L’intégration des maquis de la Vienne dans le 125e RI
Si le département de la Vienne est libéré au début de septembre 1944, la guerre n’est pas pour autant terminée. Nombreux sont encore les territoires français sous occupation allemande. Sur le littoral de l’Atlantique, dans ses camps retranchés formant des « poches » (La Rochelle, Royan, Saint-Nazaire), l’ennemi résiste toujours.
Dès lors, les maquis des départements du Sud-Ouest vont servir de creuset pour éradiquer ces poches littorales. Par 2 décrets, en septembre 1944, les FFI sont intégrés à l’armée régulière et regroupés en bataillons de marche d’infanterie. Les engagements sont fondés sur la base du volontariat jusqu’à la fin de la guerre, plus trois mois supplémentaires.
Le 125e régiment d’infanterie qui, dans les bâtiments de la caserne Rivaud, a tenu une place importante à Poitiers, avait été dissous en 1923, remis sur pied en 1939 et de nouveau dissous en 1940. Sa reconstitution en 1944 permet à de nombreux maquisards de la Vienne de continuer le combat jusqu’à la victoire. L’effectif de cet enrégimentement volontaire est de 60 % par rapport au nombre de FFI dans le département.
Le dimanche 19 novembre 1944, place d’Armes, a lieu la remise de leurs fanions aux 2e et 3e bataillons du 125e RI par le colonel Maurice Fourrier, commandant la 9e région militaire, en présence d’André-Marie Trémeaud, préfet délégué de la Vienne, de Pierre Guillon, maire de Poitiers, et du colonel Bernard (Félix Chêne), chef des FFI du département. Une foule compacte massée sur les trottoirs, assiste à la cérémonie. Après l’allocution du colonel Fourrier, les troupes défilent aux accents de marches militaires, sous les applaudissements nourris et prolongés des Poitevins. Gabriel Thiant, chef du maquis Noël, écrit dans son livre Combats sans gloire : « Ils sont fiers, heureux même, ceux qui défilent ; que leur importe leur accoutrement ridicule, leur armement désuet ; le cœur est solide, le corps vaillant et la France a encore besoin d’eux, leur tâche n’est pas finie. Des femmes ont pleuré, des hommes ont essuyé leur larme, d’autres ont ri comme si l’on pouvait prendre au sérieux cette armée de va-nu-pieds. Et pourtant ces hommes, des mois durant, venaient de se battre, de servir leur pays ».

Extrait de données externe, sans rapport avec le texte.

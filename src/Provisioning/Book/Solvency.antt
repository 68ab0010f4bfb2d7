-- ===== src/Provisioning/Book/Solvency.antt =====
-- The budget and the deposited funds bound what an org has promised to its agents.
use casper_agops_server.Prelude.{
  ℕ, ◌+◌, ◌≤◌, Bool, true, Option, none, some, List, [], ◌∷◌, ◌≡◌, refl, sym, ◌∙◌, inl, inr, arith,
  All, ltb, false,
}
use casper_agops_server.Provisioning.Book.{
  Lua, exceeds, max_exact, IsExact, Allocation, Book, AllocationParams, Funding, record_pending,
  submit_deposit, deposit_for, find_allocation, promote, confirm_record, confirm_deposit,
  cancel_allocation, sweep_record, sweep_all, reclaim, teardown_agent, Operation, deposits,
  confirms, tears_down, operate, run, float_of,
}
use casper_agops_server.Provisioning.Book.Sums.{
  pending_sum, delete-pending_sum, take_float-float_sum, float_of-take_float,
}
use casper_agops_server.Provisioning.Book.Balance.{
  IsBalanced, evaluate_cases, deposit-denied, sweep_record-IsBalanced, sweep_all-IsBalanced,
  operate-IsBalanced,
}

-- What the org has promised: the float of its agents and the deposits in flight.
abbrev pub outstanding : Book → ℕ
outstanding b = b.committed + b.reserved

confirm_record-outstanding :
    (final : Option Bool) (id : ℕ) (o : Option Allocation) (b : Book)
    → find_allocation id b.allocations ≡ o
    → IsBalanced b
    → outstanding (confirm_record final id o b).0 ≡ outstanding b
unfolding confirm_record promote
confirm_record-outstanding final id none b e c = refl
confirm_record-outstanding final id (some a) b e c =
    ground (arith, c.reserved_sum, delete-pending_sum id a b.allocations e)

confirm_deposit-outstanding :
    (final : Option Bool) (id : ℕ) (b : Book)
    → IsBalanced b
    → outstanding (confirm_deposit final id b).0 ≡ outstanding b
unfolding confirm_deposit
confirm_deposit-outstanding final id b c =
    confirm_record-outstanding final id (find_allocation id b.allocations) b refl c

sweep_record-outstanding :
    (final : ℕ → Option Bool) (agent id : ℕ) (o : Option Allocation) (b : Book)
    → IsBalanced b
    → outstanding (sweep_record final agent id o b) ≤ outstanding b
unfolding sweep_record cancel_allocation
sweep_record-outstanding final agent id none b c = ground arith
sweep_record-outstanding final agent id (some a) b c =
    ground (arith, confirm_deposit-outstanding (final id) id b c)

sweep_all-outstanding :
    (final : ℕ → Option Bool) (agent : ℕ) (ids : List ℕ) (b : Book)
    → IsBalanced b
    → outstanding (sweep_all final agent ids b) ≤ outstanding b
unfolding sweep_all
sweep_all-outstanding final agent [] b c = ground arith
sweep_all-outstanding final agent (id ∷ ids) b c =
    let o = find_allocation id b.allocations in
    omega (
      arith,
      sweep_record-outstanding final agent id o b c,
      sweep_all-outstanding final agent ids (sweep_record final agent id o b)
          (sweep_record-IsBalanced final agent id o b refl c),
    )

reclaim-outstanding :
    (reclaims : Bool) (agent : ℕ) (b : Book)
    → outstanding (reclaim reclaims agent b).0 ≤ outstanding b
unfolding reclaim
reclaim-outstanding reclaims agent b = ground arith

-- The operation's limits are at most the given ones, and its amount is exact as a double.
abbrev pub IsWithin : ℕ → ℕ → Operation → Type 0
IsWithin budget funds (deposits submits funding id p) =
    (p.total_budget ≤ budget) × (p.funded_total ≤ funds) × (p.requested ≤ max_exact)
IsWithin budget funds (confirms final id) = Unit
IsWithin budget funds (tears_down final reclaims agent) = Unit

within :
    (lua : Lua) (ceiling limit : ℕ) (p : AllocationParams) (b : Book)
    → IsExact lua
    → exceeds lua ceiling b.committed b.reserved p.requested ≡ false
    → ceiling ≤ limit
    → limit ≤ max_exact
    → p.requested ≤ max_exact
    → outstanding b ≤ max_exact
    → b.committed + b.reserved + p.requested ≤ limit
within lua ceiling limit p b exact e le bound requested small =
    let test =
      exact ceiling b.committed b.reserved p.requested (omega (arith, le, bound)) (omega arith)
        (omega arith) requested in
    let tested : ltb ceiling (b.committed + b.reserved + p.requested) ≡ false = sym test ∙ e in
    ground (arith, tested, le)

deposit_for-outstanding :
    (lua : Lua) (submits : Bool) (funding : Funding) (id : ℕ) (p : AllocationParams) (b : Book)
    (budget funds : ℕ)
    → IsExact lua
    → budget ≤ max_exact
    → funds ≤ max_exact
    → p.total_budget ≤ budget
    → p.funded_total ≤ funds
    → p.requested ≤ max_exact
    → outstanding b ≤ budget
    → outstanding b ≤ funds
    → (outstanding (deposit_for lua submits funding id p b).0 ≤ budget)
      × (outstanding (deposit_for lua submits funding id p b).0 ≤ funds)
unfolding deposit_for submit_deposit record_pending
deposit_for-outstanding lua submits funding id p b budget funds exact k l t f q x y =
    elim (evaluate_cases lua p b) [
      | inl (r, e) ↦ rw (deposit-denied lua submits funding id p b r e) (x, y)
      | inr (allowed, backed, e) ↦
          let small : outstanding b ≤ max_exact = omega (arith, x, k) in
          (
            ground (arith, e, within lua p.total_budget budget p b exact allowed t k q small, x),
            ground (arith, e, within lua p.funded_total funds p b exact backed f l q small, y),
          )
    ]

operate-outstanding :
    (lua : Lua) (b : Book) (x : Operation) (budget funds : ℕ)
    → IsExact lua
    → budget ≤ max_exact
    → funds ≤ max_exact
    → IsBalanced b
    → IsWithin budget funds x
    → outstanding b ≤ budget
    → outstanding b ≤ funds
    → (outstanding (operate lua b x) ≤ budget) × (outstanding (operate lua b x) ≤ funds)
unfolding operate teardown_agent
operate-outstanding lua b (deposits submits funding id p) budget funds exact k l c w x y =
    deposit_for-outstanding lua submits funding id p b budget funds exact k l w.0 w.1 w.2 x y
operate-outstanding lua b (confirms final id) budget funds exact k l c w x y = (
  omega (arith, confirm_deposit-outstanding final id b c),
  omega (arith, confirm_deposit-outstanding final id b c),
)
operate-outstanding lua b (tears_down final reclaims agent) budget funds exact k l c w x y =
    let swept = sweep_all final agent (b.pending agent) b in
    let less = sweep_all-outstanding final agent (b.pending agent) b c in
    (
      omega (arith, less, reclaim-outstanding reclaims agent swept),
      omega (arith, less, reclaim-outstanding reclaims agent swept),
    )

-- Whatever deposits, confirmations and teardowns run: if no deposit was judged by a larger budget or
-- by larger deposited funds than the given ones, the org has never promised more than either, provided
-- that Lua's test is exact up to 2 ^ 53 and neither the limits nor the requested amounts are larger.
pub run-IsSolvent :
    (lua : Lua) (b : Book) (xs : List Operation) (budget funds : ℕ)
    → IsExact lua
    → budget ≤ max_exact
    → funds ≤ max_exact
    → IsBalanced b
    → All (IsWithin budget funds) xs
    → outstanding b ≤ budget
    → outstanding b ≤ funds
    → (outstanding (run lua b xs) ≤ budget) × (outstanding (run lua b xs) ≤ funds)
unfolding run
run-IsSolvent lua b [] budget funds exact k l c w x y = (x, y)
run-IsSolvent lua b (o ∷ xs) budget funds exact k l c w x y =
    let (x', y') = operate-outstanding lua b o budget funds exact k l c w.0 x y in
    run-IsSolvent lua (operate lua b o) xs budget funds exact k l (operate-IsBalanced lua b o c) w.1
      x' y'

-- A teardown whose reclaim does not throw returns the agent's confirmed float as it is after the
-- sweep, leaves the agent none, and takes exactly that amount from the committed budget.
pub teardown_agent-reclaims :
    (final : ℕ → Option Bool) (agent : ℕ) (b : Book)
    → IsBalanced b
    → let swept = sweep_all final agent (b.pending agent) b in
      let after = (teardown_agent final true agent b).0 in
      ((teardown_agent final true agent b).1 ≡ some (float_of agent swept.float_confirmed))
      × (float_of agent after.float_confirmed ≡ 0)
      × (after.committed + float_of agent swept.float_confirmed ≡ swept.committed)
      × (after.reserved ≡ pending_sum after.allocations)
unfolding teardown_agent reclaim
teardown_agent-reclaims final agent b c =
    let swept = sweep_all final agent (b.pending agent) b in
    let k = sweep_all-IsBalanced final agent (b.pending agent) b c in
    (
      ground arith,
      ground (arith, float_of-take_float agent swept.float_confirmed),
      ground (arith, k.committed_sum, take_float-float_sum agent swept.float_confirmed),
      ground (arith, k.reserved_sum),
    )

Le 125e RI est intégré aux Forces Françaises de l’Ouest (FFO) commandées par le général de Larminat et spécialement aux Forces Françaises de l’Aunis qui, sous les ordres du colonel Bernard, participent à l’encerclement de la poche de La Rochelle. Certains éléments sont envoyés dans la poche de Saint-Nazaire. Après la capitulation du Reich, le 8 mai 1945, et la reddition des troupes allemandes sur le Front de l’Atlantique, le 125e régiment d’infanterie est une nouvelle fois dissous.
Jean-Marie Augustin
Document : Défilé, rue Carnot à Poitiers, du 2e bataillon du 125e RI en partance pour le front de La Rochelle, Arch. dép. de la Vienne.